Medical Mistakes You Won’t Believe: An Organ Transplant Gone Wrong
Organ transplants are used to give dying patients a second chance at life. However, sometimes the unthinkable occurs and transplant errors take lives. A transplant error in 2003 gained national attention and led to changes on how these surgeries are conducted.
In 2003, Duke University admitted that it used the incorrect organs during a heart and lung transplant surgery. The 17-year-old recipient sought treatment in the United States for a fatal heart condition. Doctors accidently transplanted her with organs from a donor of the wrong blood type. She had type O blood, but received organs from a type A donor. After the mistake was spotted by doctors, they attempted a second transplant. It was too late to correct the mistake, and the teenager passed away.
Donor organs must match the blood type of recipients. When blood types do not match, tissue and organ rejection can kill patients. This is also not the first time a transplant error has caused the death of a child patient. In 2003, doctors at Children’s Medical Center in Dallas conducted an organ transplant on a one-year-old patient in an attempt to fix a surgical error.
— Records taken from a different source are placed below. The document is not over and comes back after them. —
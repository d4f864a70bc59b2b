-- ===== src/Hub/Refresh.antt =====
-- `refresh_change` and `transition_change_state` of crates/maxops-hub/src/lib.rs: a change follows
-- the job of its stage.
use maxops.Prelude.{
  Bool, true, false, not, ◌&&◌, ◌||◌, String, Option, none, some, Result, ok, err, str_eq, is_some,
}
use maxops.Prelude.Programs.{Program, ◌>>=◌, ◌>>◌, lift, pure, if◌then◌else◌}
use maxops.Proto.Ids.{JobId, ChangeId}
use maxops.Proto.Json.{Value, Members, object, member, end, null}
use maxops.Proto.Jobs.{
  Timestamp, JobRecord, ExecutorResponse, status_request, job_response, other_response,
}
use maxops.Proto.JobState
use maxops.Proto.JobState.{JobState}
use maxops.Proto.ChangeState
use maxops.Proto.ChangeState.{ChangeState}
use maxops.Proto.Changes.{
  ChangePlan, ChangeRecord, DeploymentArtifact, DeploymentAction, prepare, build, activate, verify,
  rollback,
}
use maxops.Proto.Deployments.{
  DeploymentReport, action_eq, prepared, built, activated, verified, rolled_back, stale, superseded,
  recovery_failed, outcome_unknown, failed,
}
use maxops.Store.Db.{Db}
use maxops.Store.Errors.{Outcome, StoreError, change_revision_changed}
use maxops.Store.Jobs.{get_owned_job}
use maxops.Store.Changes.{transition_change, get_owned_change}
use maxops.Hub.Errors.{HubError, store, as_api}
use maxops.Hub.Projection.{call_store, project_target_job}
use maxops.Hub.World.{World, Fleet, on_db, query, mapped}

-- The job of the stage that the change is in.
unfoldable pub stage_job : ChangeRecord → Option JobId
stage_job change = elim change.state [
  | ChangeState.checking ↦ change.jobs.prepare
  | ChangeState.building ↦ change.jobs.build
  | ChangeState.publishing ↦ change.jobs.build
  | ChangeState.activating ↦ change.jobs.activate
  | ChangeState.verifying ↦ change.jobs.verify
  | ChangeState.recovering ↦ change.jobs.rollback
  | _ ↦ none
]

unfoldable pub expected_action : ChangeState → Option DeploymentAction
expected_action ChangeState.checking = some prepare
expected_action ChangeState.building = some build
expected_action ChangeState.publishing = some build
expected_action ChangeState.activating = some activate
expected_action ChangeState.verifying = some verify
expected_action ChangeState.recovering = some rollback
expected_action _ = none

-- `Value::get` of an object.
unfoldable pub get_member : String → Members → Option Value
get_member key end = none
get_member key (member name value rest) = elim (str_eq name key) [
  | true ↦ some value
  | false ↦ get_member key rest
]

deployment_value : Option Value → Option Value
deployment_value (some (object members)) = elim (get_member "deployment" members) [
  | some null ↦ none
  | found ↦ found
]
deployment_value _ = none

-- The state after a job that ended without a report.
unfoldable pub state_without_report : JobState → ChangeState → ChangeState
state_without_report JobState.outcome_unknown current = ChangeState.outcome_unknown
state_without_report ended ChangeState.recovering = ChangeState.recovery_failed
state_without_report ended current = ChangeState.failed

-- The plan after a report: a preparation fills in the derivation and the digest.
unfoldable pub reported_plan : DeploymentReport → ChangePlan → ChangePlan
reported_plan report plan = elim report.status [
  | prepared ↦ record plan { drv_path = report.drv_path; lock_digest = report.lock_digest }
  | _ ↦ plan
]

artifact_of :
    ChangePlan
    → String
    → DeploymentReport
    → Option String
    → Option String
    → Option String
    → Option DeploymentArtifact
artifact_of plan host report (some out_path) (some drv_path) (some lock_digest) = some (record {
  builder_host = host;
  source_commit = plan.source_commit;
  tree_hash = plan.tree_hash;
  lock_digest = lock_digest;
  drv_path = drv_path;
  out_path = out_path;
  built_at = report.completed_at;
})
artifact_of plan host report _ _ _ = none

-- The artifact that a report of a build proves.
unfoldable pub built_artifact : DeploymentReport → String → ChangePlan → Option DeploymentArtifact
unfolding artifact_of
built_artifact report host plan =
    artifact_of plan host report report.out_path plan.drv_path plan.lock_digest

unfoldable pub reported_artifact :
    DeploymentReport → String → ChangeRecord → Option DeploymentArtifact
unfolding built_artifact
reported_artifact report host change = elim report.status [
  | built ↦ elim (built_artifact report host change.plan) [
    | some artifact ↦ some artifact
    | none ↦ change.artifact
  ]
  | _ ↦ change.artifact
]

-- The state after a report.
unfoldable pub reported_state : DeploymentReport → String → ChangeRecord → ChangeState
unfolding built_artifact
reported_state report host change = elim report.status [
  | prepared ↦ elim (is_some report.drv_path && is_some report.lock_digest) [
    | true ↦ ChangeState.prepared
    | false ↦ ChangeState.failed
  ]
  | built ↦ elim (is_some (built_artifact report host change.plan)) [
    | true ↦ ChangeState.ready
    | false ↦ ChangeState.failed
  ]
  | activated ↦ ChangeState.verifying
  | verified ↦ ChangeState.succeeded
  | rolled_back ↦ ChangeState.rolled_back
  | stale ↦ ChangeState.stale
  | superseded ↦ ChangeState.superseded
  | recovery_failed ↦ ChangeState.recovery_failed
  | outcome_unknown ↦ ChangeState.outcome_unknown
  | failed ↦ elim (ChangeState.eq change.state ChangeState.recovering) [
    | true ↦ ChangeState.recovery_failed
    | false ↦ ChangeState.failed
  ]
]

unfoldable pub recovery_of : DeploymentReport → Option String → Option String
recovery_of report before = elim report.status [
  | rolled_back ↦ some report.detail
  | recovery_failed ↦ some report.detail
  | superseded ↦ some report.detail
  | _ ↦ before
]

abbrev or_before : Option String → Option String → Option String
or_before none before = before
or_before (some text) before = some text

unfoldable pub transition_change_state :
    ChangeRecord → ChangeState → Option String → Timestamp → Program Db HubError ChangeRecord
transition_change_state change next recovery at db =
    let r = call_store (
      transition_change at change.plan.change_id change.creator
        (record {
          expected_revision = change.revision;
          next = next;
          plan = change.plan;
          artifact = change.artifact;
          jobs = change.jobs;
          recovery_state = or_before recovery change.recovery_state;
        })
        db) in
    (r.0, elim r.1 [ ok a ↦ ok a | err e ↦ err (as_api e) ])

-- The change with what the report proves, before its state moves.
abbrev pub reported_change : DeploymentReport → String → ChangeRecord → ChangeRecord
reported_change report host change = record change {
  plan = reported_plan report change.plan;
  artifact = reported_artifact report host change;
}

-- The message of the error contains "revision changed".
unfoldable pub lost_change_race : StoreError → Bool
lost_change_race change_revision_changed = true
lost_change_race _ = false

-- A transition that lost a race replies with the change that the caller has.
unfoldable pub or_current : ChangeRecord → Outcome ChangeRecord → Result HubError ChangeRecord
or_current current (ok change) = ok change
or_current current (err e) = elim (lost_change_race e) [
  | true ↦ ok current
  | false ↦ err (as_api (store e))
]

unfoldable pub apply_report :
    String
    → ChangeRecord
    → JobRecord
    → DeploymentReport
    → Timestamp
    → Program Db HubError ChangeRecord
apply_report principal change job report at db =
    let reported = reported_change report job.host change in
    let r =
      transition_change at change.plan.change_id principal
        (record {
          expected_revision = change.revision;
          next = reported_state report job.host (record change { plan = reported.plan });
          plan = reported.plan;
          artifact = reported.artifact;
          jobs = change.jobs;
          recovery_state = recovery_of report change.recovery_state;
        })
        db in
    (r.0, or_current reported r.1)

abbrev stage_lost : String
stage_lost = "stage ended without a deployment report"

-- `decode` reads a report from JSON.
module _ (decode : Value → Option DeploymentReport) where
  -- The report of the action in the result of a job.
  unfoldable pub report_of : DeploymentAction → JobRecord → Option DeploymentReport
  unfolding deployment_value
  report_of action job = elim (deployment_value job.result) [
    | none ↦ none
    | some value ↦ elim (decode value) [
      | none ↦ none
      | some report ↦ elim (action_eq report.action action) [ true ↦ some report | false ↦ none ]
    ]
  ]

  -- What follows from the end of the stage's job.
  unfoldable pub apply_ending :
      String
      → ChangeRecord
      → JobRecord
      → Option DeploymentReport
      → Timestamp
      → Program Db HubError ChangeRecord
  apply_ending principal change job none =
      transition_change_state change (state_without_report job.state change.state) (some stage_lost)
  apply_ending principal change job (some report) = apply_report principal change job report

  settle :
      String
      → ChangeRecord
      → JobRecord
      → Option DeploymentAction
      → Timestamp
      → Program Db HubError ChangeRecord
  unfolding report_of
  settle principal change job none at db = (db, ok change)
  settle principal change job (some action) at db =
      apply_ending principal change job (report_of action job) at db

  unfoldable pub settle_stage :
      String → ChangeRecord → JobRecord → Timestamp → Program Db HubError ChangeRecord
  unfolding settle
  settle_stage principal change job = settle principal change job (expected_action change.state)

  module _ {O : Type 0} (fleet : Fleet O) where
    open fleet use {agent_request}

    abbrev pub project_answer :
        JobRecord → Option ExecutorResponse → Program (World O) HubError JobRecord
    project_answer current (some (job_response target)) =
        mapped fleet (on_db fleet (λ at. project_target_job at at current target))
    project_answer current (some other_response) = pure current
    project_answer current none = pure current

    -- A job that is not settled is looked up at its executor.
    unfoldable pub follow_job : JobRecord → Program (World O) HubError JobRecord
    follow_job current w =
        if not (JobState.is_terminal current.state)
          || JobState.eq current.state JobState.outcome_unknown
        then (let r = agent_request current.host (status_request current.job_id) w in
            project_answer current r.1 r.0)
        else (w, ok current)

    unfoldable pub refresh_stage :
        String → ChangeRecord → JobId → Program (World O) HubError ChangeRecord
    refresh_stage principal change id = do
      found ← mapped fleet (query fleet (λ db. get_owned_job db principal id))
      current ← follow_job found
      λ w.
          if not (JobState.is_terminal current.state)
          then (w, ok change)
          else on_db fleet (settle_stage principal change current) w

    abbrev refresh_job :
        String → ChangeRecord → Option JobId → Program (World O) HubError ChangeRecord
    refresh_job principal change none = pure change
    refresh_job principal change (some id) = refresh_stage principal change id

    -- `permitted` is `deployment_for` of the principal.
    unfoldable pub refresh_change :
        String
        → (String → Result HubError (Unit {0}))
        → ChangeId
        → Program (World O) HubError ChangeRecord
    refresh_change principal permitted id = do
      change ← mapped fleet (query fleet (λ db. get_owned_change db principal id))
      lift (permitted change.plan.deployment_profile)
      refresh_job principal change (stage_job change)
Doctors had used a liver from donor of the wrong blood type and the patient died.
Are Transplant Errors Preventable?
These mistakes have led doctors at Duke University Hospital and elsewhere to establish protocols for preventing transplant errors. Duke University Hospital now double-checks blood types and organs before conducting transplants. The hospital also created several positions and teams for the purposes of monitoring and improving patient safety techniques.
Surgical checklists are also used at hospitals around the country to prevent these types of errors. Checklists help doctors double-check information before conducting operations.